The Kaggle March Machine Learning Formula using the following scoring formula:

\[LogLoss = - \frac{1}{n} \sum\limits_{i=1}^n [y_i \cdot log_e(\hat{y_i}) + (1-y_i) \cdot log_e(1-\hat{y_i}) ]\]

where \(n\) is the number of games played, \(\hat{y_i}\) is the predicted probability of team1 beating team2, \(y_i\) is 1 if team1 wins and 0 if team2 wins.

Smaller LogLoss is better. Let’s write this function into R and see how it works for a few sets of predictions and results.

LogLoss <- function(pred, res){
  (-1/length(pred)) * sum (res * log(pred) + (1-res)*log(1-pred))
}

pred <- rep(0.5, 10)
res <- rep(c(0,1), 5)
pred; res
##  [1] 0.5 0.5 0.5 0.5 0.5 0.5 0.5 0.5 0.5 0.5
##  [1] 0 1 0 1 0 1 0 1 0 1
LogLoss(pred, res)
## [1] 0.6931472
pred <- rep(c(.4,.6), 5)
res <- rep(c(0,1), 5)
pred; res
##  [1] 0.4 0.6 0.4 0.6 0.4 0.6 0.4 0.6 0.4 0.6
##  [1] 0 1 0 1 0 1 0 1 0 1
LogLoss(pred, res)
## [1] 0.5108256
pred <- rep(0.5, 5)
res <- c(1,1,1,1,0)
LogLoss(pred, res)
## [1] 0.6931472
pred <- rep(0.7, 5)
res <- c(1,1,1,1,0)
LogLoss(pred, res)
## [1] 0.5261345
pred <- rep(0.8, 5)
res <- c(1,1,1,1,0)
LogLoss(pred, res)
## [1] 0.5004024
pred <- rep(0.9, 5)
res <- c(1,1,1,1,0)
LogLoss(pred, res)
## [1] 0.5448054
pred <- rep(0.95, 5)
res <- c(1,1,1,1,0)
LogLoss(pred, res)
## [1] 0.6401811

What is the logic behind LogLoss?

The predictions for which

\[- \frac{1}{n} \sum\limits_{i=1}^n [y_i \cdot log_e(\hat{y_i}) + (1-y_i) \cdot log_e(1-\hat{y_i}) ]\]

is smallest, must have

\[ \sum\limits_{i=1}^n [y_i \cdot log_e(\hat{y_i}) + (1-y_i) \cdot log_e(1-\hat{y_i}) ]\]

that is largest and

\[ e^{\sum\limits_{i=1}^n [y_i \cdot log_e(\hat{y_i}) + (1-y_i) \cdot log_e(1-\hat{y_i}) ]}\]

that is largest.
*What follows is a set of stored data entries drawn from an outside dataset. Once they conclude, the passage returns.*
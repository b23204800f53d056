-- ===== src/Kernel/Proc/Family/Exit.antt =====
-- `exit` of proc.c and the family: its children go to init, and it stays as a zombie.
use os_ass.Base.{
  ℕ, ◌<◌, ◌≡◌, ◌≢◌, refl, sym, ap, ◌∙◌, subst, Bool, true, false, Option, none, some, ◌==◌,
  if◌then◌else◌, update-each, nproc, nofile, arith, Bool-cases, inl, inr, ◌⊎◌,
}
use os_ass.Base.Outcome.{Outcome, ok, panic}
use os_ass.Kernel.Proc.{zombie, Proc, Table, wakeup1, chan_of}
use os_ass.Kernel.Proc.Life.{FileOps, put_proc, orphan_loop, close_loop, exit}
use os_ass.Kernel.Proc.Scan.{put_proc_self, put_proc-others}
use os_ass.Kernel.Proc.Family.{alive, empty, Family, put_proc-TameTable, wakeup1-TameTable}
use os_ass.Kernel.Proc.Family.Orphans.{
  inherits, Heir, Passed, TameTable-trans, Tame-Passed, orphan_loop-Passed,
}

-- The table after slot `cur` has exited.
pub record Exited (cur : ℕ) (t t' : Table) : Type 0 where
  pub dead : (t'.procs cur).state ≡ zombie
  pub parent :
      (k : ℕ) → k < nproc → (t'.procs k).parent ≡ inherits cur t.initproc (t.procs k).parent
  pub pid : (k : ℕ) → k < nproc → (t'.procs k).pid ≡ (t.procs k).pid
  pub alive : (k : ℕ) → k < nproc → cur ≢ k → alive (t'.procs k).state ≡ alive (t.procs k).state
  pub empty : (k : ℕ) → k < nproc → empty (t'.procs k).state ≡ empty (t.procs k).state
  pub nextpid : t'.nextpid ≡ t.nextpid
  pub initproc : t'.initproc ≡ t.initproc

inherits-some :
    (cur heir : ℕ) (parent : Option ℕ) (j : ℕ)
    → inherits cur heir parent ≡ some j
    → ((heir ≡ j) × (parent ≡ some cur)) ⊎ ((cur ≢ j) × (parent ≡ some j))
inherits-some cur heir none j e = inr (ground (arith, e), ground (arith, e))
inherits-some cur heir (some k) j e = elim (Bool-cases (k == cur)) [
  | inl s ↦ inl (ground (arith, e, s), ground (arith, s))
  | inr s ↦ inr (ground (arith, e, s), ground (arith, e, s))
]

inherits-none : (cur heir : ℕ) (parent : Option ℕ) → inherits cur heir parent ≡ none → parent ≡ none
inherits-none cur heir none e = refl
inherits-none cur heir (some k) e = ground (arith, e)

pub Exited-Family :
    (cur : ℕ) {t t' : Table} → cur ≢ t.initproc → Exited cur t t' → Family t → Family t'
Exited-Family cur {t} {t'} ne h f = record {
  init_slot = omega (arith, h.initproc, f.init_slot);
  init_alive =
      subst (λ i. alive (t'.procs i).state ≡ true) (sym h.initproc)
        (h.alive t.initproc f.init_slot ne ∙ f.init_alive);
  parent_slot = λ i j l e. (heritage i j l e).0;
  parent_alive = λ i j l e. (heritage i j l e).1;
  has_parent = λ i l g e n.
      f.has_parent i l (λ s. g (s ∙ sym h.initproc)) (sym (h.empty i l) ∙ e)
        (inherits-none cur t.initproc (t.procs i).parent (sym (h.parent i l) ∙ n));
  no_parent = λ i l e.
      h.parent i l ∙ ap (inherits cur t.initproc) (f.no_parent i l (sym (h.empty i l) ∙ e));
  pid_used = λ i l. omega (arith, h.pid i l, h.nextpid, f.pid_used i l);
  pid_one = λ i j l g e d s.
      f.pid_one i j l g (sym (h.empty i l) ∙ e) (sym (h.empty j g) ∙ d)
        (sym (h.pid i l) ∙ s ∙ h.pid j g);
}
  where
    heritage :
        (i j : ℕ)
        → i < nproc
        → (t'.procs i).parent ≡ some j
        → (j < nproc) × (alive (t'.procs j).state ≡ true)
    heritage i j l e =
        elim (inherits-some cur t.initproc (t.procs i).parent j (sym (h.parent i l) ∙ e)) [
          | inl (s, d) ↦
              subst (λ k. (k < nproc) × (alive (t'.procs k).state ≡ true)) s
                (f.init_slot, h.alive t.initproc f.init_slot ne ∙ f.init_alive)
          | inr (s, d) ↦
              (f.parent_slot i j l d, h.alive j (f.parent_slot i j l d) s ∙ f.parent_alive i j l d)
        ]

-- What is left of the process in slot `cur`.
module _ {Files : Type 0} (ops : FileOps Files) (status cur : ℕ) (t : Table) (fs : Files) where
  unfoldable pub left : Proc
  left = record (t.procs cur) {
    exit_status = status;
    ofile = (close_loop ops 0 nofile (t.procs cur).ofile fs).0;
    cwd = 0;
    job = 0;
  }

  unfoldable pub orphaned : Table
  orphaned = orphan_loop cur 0 nproc (wakeup1 (chan_of (t.procs cur).parent) (put_proc cur left t))

  unfoldable pub ended : Table
  ended = put_proc cur (record (orphaned.procs cur) { state = zombie }) orphaned

  result : Bool → Outcome (Table × Files)
  result is_init =
      if is_init
      then panic "init exiting"
      else ok (ended, ops.iput (t.procs cur).cwd (close_loop ops 0 nofile (t.procs cur).ofile fs).1)

  pub exit-panic : (cur == t.initproc) ≡ true → exit ops status cur t fs ≡ panic "init exiting"
  unfolding exit ended orphaned left result
  exit-panic e = ap result e

  pub exit-ended :
      (cur == t.initproc) ≡ false
      → exit ops status cur t fs
        ≡ ok (ended, ops.iput (t.procs cur).cwd (close_loop ops 0 nofile (t.procs cur).ofile fs).1)
  unfolding exit ended orphaned left result
  exit-ended e = ap result e

  orphaned-Passed : Passed cur 0 nproc t orphaned
  unfolding orphaned left
  orphaned-Passed =
      Tame-Passed
        (TameTable-trans
          (put_proc-TameTable cur left t
            (record { parent = refl; pid = refl; alive = refl; empty = refl }))
          (wakeup1-TameTable (chan_of (t.procs cur).parent) (put_proc cur left t)))
        (orphan_loop-Passed cur 0 nproc
          (wakeup1 (chan_of (t.procs cur).parent) (put_proc cur left t)))

  pub ended-Exited : cur < nproc → empty (t.procs cur).state ≡ false → Exited cur t ended
  unfolding ended
  ended-Exited cur_slot e = record {
    dead = ap (λ p. p.state) at_cur;
    parent = λ k l. (kept k l).0;
    pid = λ k l. (kept k l).1;
    alive = λ k l ne.
        ap (λ p. alive p.state) (put_proc-others cur corpse orphaned k ne) ∙ (heirs k l).alive;
    empty = λ k l. (kept k l).2;
    nextpid = orphaned-Passed.nextpid;
    initproc = orphaned-Passed.initproc;
  }
    where
      corpse : Proc
      corpse = record (orphaned.procs cur) { state = zombie }

      at_cur : ended.procs cur ≡ corpse
      at_cur = put_proc_self cur corpse orphaned

      heirs : (k : ℕ) → k < nproc → Heir cur t.initproc (t.procs k) (orphaned.procs k)
      heirs k l = orphaned-Passed.inside k (omega arith) l

      kept :
          (k : ℕ)
          → k < nproc
          → ((ended.procs k).parent ≡ inherits cur t.initproc (t.procs k).parent)
            × ((ended.procs k).pid ≡ (t.procs k).pid)
            × (empty (ended.procs k).state ≡ empty (t.procs k).state)
      kept =
          update-each
            (λ k q.
              k < nproc
              → (q.parent ≡ inherits cur t.initproc (t.procs k).parent)
                × (q.pid ≡ (t.procs k).pid)
                × (empty q.state ≡ empty (t.procs k).state))
            orphaned.procs cur corpse (λ l. ((heirs cur l).parent, (heirs cur l).pid, sym e))
            (λ k ne l. ((heirs k l).parent, (heirs k l).pid, (heirs k l).empty))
When can rearrange this to:

\[ \prod{e^{[y_i \cdot log_e(\hat{y_i}) + (1-y_i) \cdot log_e(1-\hat{y_i}) ]}}\]

and

\[ \prod{e^{y_i \cdot log_e(\hat{y_i})} \cdot e^{(1-y_i) \cdot log_e(1-\hat{y_i}) }}\]

\[ \prod{[ \hat{y_i}^{y_i} \cdot (1-\hat{y_i})^{1-y_i} ]}\]

For every game one of these two factors is just 1 (something raised to the \(0^{th}\) power). Ultimately, this just amounts to:

\[ \prod{p_i}\] where \(p_i\) is the predicted probability of the outcome.

In other words, we are maximizing the probability that the results would have occured if your predicted probabilities were correct. In other words, the preditions with the lowest LogLoss are the predictions for which \(P(results|predictions)\) is the highest.